Dass einer dem anderen ein Bauwerk aus Holzsteinen zerstört, ist gemein, gehört aber zum Alltag in Kinderzimmern und Kindergärten. ©  dpa (Symbolbild)

Was ist beim Zanken noch normal und wo müssen Eltern eingreifen?

Mit Sicherheit später, als sie es tun würden. Ich rate dazu, den Kindern eine Menge zuzumuten, damit sie aus einer Auseinandersetzung selbst eine Klärung hinbekommen. Ich sage den Eltern: Haltet euch raus, wo immer es geht. Traut euren Kindern eine Klärung zu.

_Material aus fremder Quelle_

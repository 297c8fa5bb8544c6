-- ===== src/Students/Sorting.antt =====
-- Which entry a student's statistics have for a target, after each change.
use test.Base.{
  ◌≡◌, refl, sym, ◌∙◌, inl, inr, true, false, List, [], ◌∷◌, ◌++◌, Option, none, some, Str, str_eq,
  str_eq_iff, eq_of_str_eq, if◌then◌else◌, arith, Bool-cases,
}
use mathlib.Core.Option
use test.Submissions.{Submission}
use test.Students.{
  Floats, str_lt, TargetStats, Student, Finished, new_stats, get_stat, insert_stat, sort_stats,
  update_stat, score_result, perf_result, count_submission, update_entry, with_entry, update_stats,
}

str_lt_irrefl : (s : Str) → str_lt s s ≡ false
unfolding str_lt
str_lt_irrefl [] = refl
str_lt_irrefl (a ∷ s) = ground (arith, str_lt_irrefl s)

module _ (floats : Floats) where
  get_stat-insert :
      (name : Str) (t : TargetStats floats) (ts : List (TargetStats floats))
      → get_stat floats name (insert_stat floats t ts)
        ≡ (if str_eq t.target_name name then some t else get_stat floats name ts)
  unfolding get_stat insert_stat
  get_stat-insert name t [] = refl
  get_stat-insert name t (u ∷ us) = elim (Bool-cases (str_lt u.target_name t.target_name)) [
    | inl h ↦ rw h (elim (Bool-cases (str_eq u.target_name name)) [
      | inl e ↦ elim (Bool-cases (str_eq t.target_name name)) [
        | inl k ↦
            absurd
              (clash u.target_name t.target_name h (eq_of_str_eq _ _ e ∙ sym (eq_of_str_eq _ _ k)))
        | inr k ↦ rw (e, k) refl
      ]
      | inr e ↦ rw e (get_stat-insert name t us)
    ])
    | inr h ↦ rw h refl
  ]
    where
      clash : (a b : Str) → str_lt a b ≡ true → a ≡ b → ⊥
      clash a b h e = cc (str_lt_irrefl b)

  get_stat-sort :
      (name : Str) (ts : List (TargetStats floats))
      → get_stat floats name (sort_stats floats ts) ≡ get_stat floats name ts
  unfolding sort_stats get_stat
  get_stat-sort name [] = refl
  get_stat-sort name (t ∷ ts) = get_stat-insert name t _ ∙ rw (get_stat-sort name ts) refl

  get_stat-snoc :
      (name : Str) (ts : List (TargetStats floats)) (t : TargetStats floats)
      → get_stat floats t.target_name ts ≡ none
      → get_stat floats name (ts ++ t ∷ [])
        ≡ (if str_eq t.target_name name then some t else get_stat floats name ts)
  unfolding get_stat
  get_stat-snoc name [] t h = refl
  get_stat-snoc name (u ∷ us) t h = ground (
    arith,
    get_stat-snoc name us t,
    str_eq_iff u.target_name name,
    str_eq_iff t.target_name name,
    str_eq_iff u.target_name t.target_name,
  )

  get_stat-update :
      (name other : Str) (f : TargetStats floats → TargetStats floats)
      → ((t : TargetStats floats) → (f t).target_name ≡ t.target_name)
      → (ts : List (TargetStats floats))
      → get_stat floats other (update_stat floats name f ts) ≡ (
          if str_eq name other
          then Option.map f (get_stat floats other ts)
          else get_stat floats other ts)
  unfolding get_stat update_stat
  get_stat-update name other f same [] = ground arith
  get_stat-update name other f same (t ∷ ts) = ground (
    arith,
    get_stat-update name other f same ts,
    same t,
    str_eq_iff t.target_name name,
    str_eq_iff t.target_name other,
    str_eq_iff name other,
  )

  update_entry_name :
      (f : Finished floats) (t : TargetStats floats)
      → (update_entry floats f t).target_name ≡ t.target_name
  unfolding update_entry count_submission score_result perf_result
  update_entry_name f t = ground arith

  -- The entry that an update starts from.
  abbrev pub entry_or_new : Submission → Option (TargetStats floats) → TargetStats floats
  entry_or_new s none = new_stats floats s
  entry_or_new s (some t) = t

  get_stat-with_entry :
      (name : Str) (s : Submission) (ts : List (TargetStats floats))
      (o : Option (TargetStats floats))
      → get_stat floats s.target_name ts ≡ o
      → get_stat floats name (with_entry floats s ts o)
        ≡ (if str_eq s.target_name name then some (entry_or_new s o) else get_stat floats name ts)
  unfolding new_stats
  get_stat-with_entry name s ts none h =
      get_stat-sort name _ ∙ get_stat-snoc name ts (new_stats floats s) h
  get_stat-with_entry name s ts (some t) h = ground (arith, str_eq_iff s.target_name name)

  -- An update changes the entry of the submission's target, or makes it, and no other.
  pub get_stat-update_stats :
      (f : Finished floats) (student : Student floats) (name : Str)
      → get_stat floats name (update_stats floats f student).stats ≡ (
          if str_eq f.submission.target_name name
          then some (
              update_entry floats f (
                entry_or_new f.submission (get_stat floats f.submission.target_name student.stats)))
          else get_stat floats name student.stats)
  unfolding update_stats
  get_stat-update_stats f student name =
      get_stat-update f.submission.target_name name (update_entry floats f) (update_entry_name f) _
      ∙ rw (get_stat-with_entry name f.submission student.stats _ refl) (ground arith)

Eingreifen sollten sie erst, wenn es wirklich ernst zu werden droht. Das gilt übrigens schon von Beginn an, auch wenn das Kind ein Jahr alt ist.

Kindliches Verhandlungsgeschick und Aushandlungsprozesse zu befördern, ist die Aufgabe der Eltern. Kinder haben eine kreative Art, damit umzugehen. Natürlich braucht es eine Begleitung und einen Schutz, vielleicht auch für das vermeintlich schwächere Kind. Aber man glaube bitte nicht, dass ein dreijähriges Kind gegenüber einem Sechsjährigen keine Macht habe. Gerade die Kleinen wissen genau, wie sie die Eltern parteilich hinter sich bringen, und wie sie es hinbekommen, dass der Große Ärger bekommt.

Was raten Sie stattdessen?

Bloß nicht fragen: "Was war los?". Denn dann bekommt man zwei Geschichten präsentiert: eine vom großen Kind, eine vom Kleinen. Man wird nie herausbekommen, wann der Streit begonnen hat. Was man machen kann, ist behilflich zu sein.

Wie zum Beispiel?

Man kann sagen: Marlene, du bist traurig, weil dein Turm eingefallen ist. Max, du warst wütend auf deine Schwester, deshalb hast du ihn eingeworfen. Was könnt ihr denn jetzt tun, damit ihr weiter miteinander spielen könnt? Eltern sollten also Mut machen, dass die Kooperation und das Spiel weitergehen können. Im äußersten Fall, also wenn es am Frühstückstisch so heftig und laut wird, dass der Konflikt räumlich entzerrt werden muss, kann man ein Kind mal kurz ins Kinderzimmer schicken. Aber das sollte die Ausnahme sein.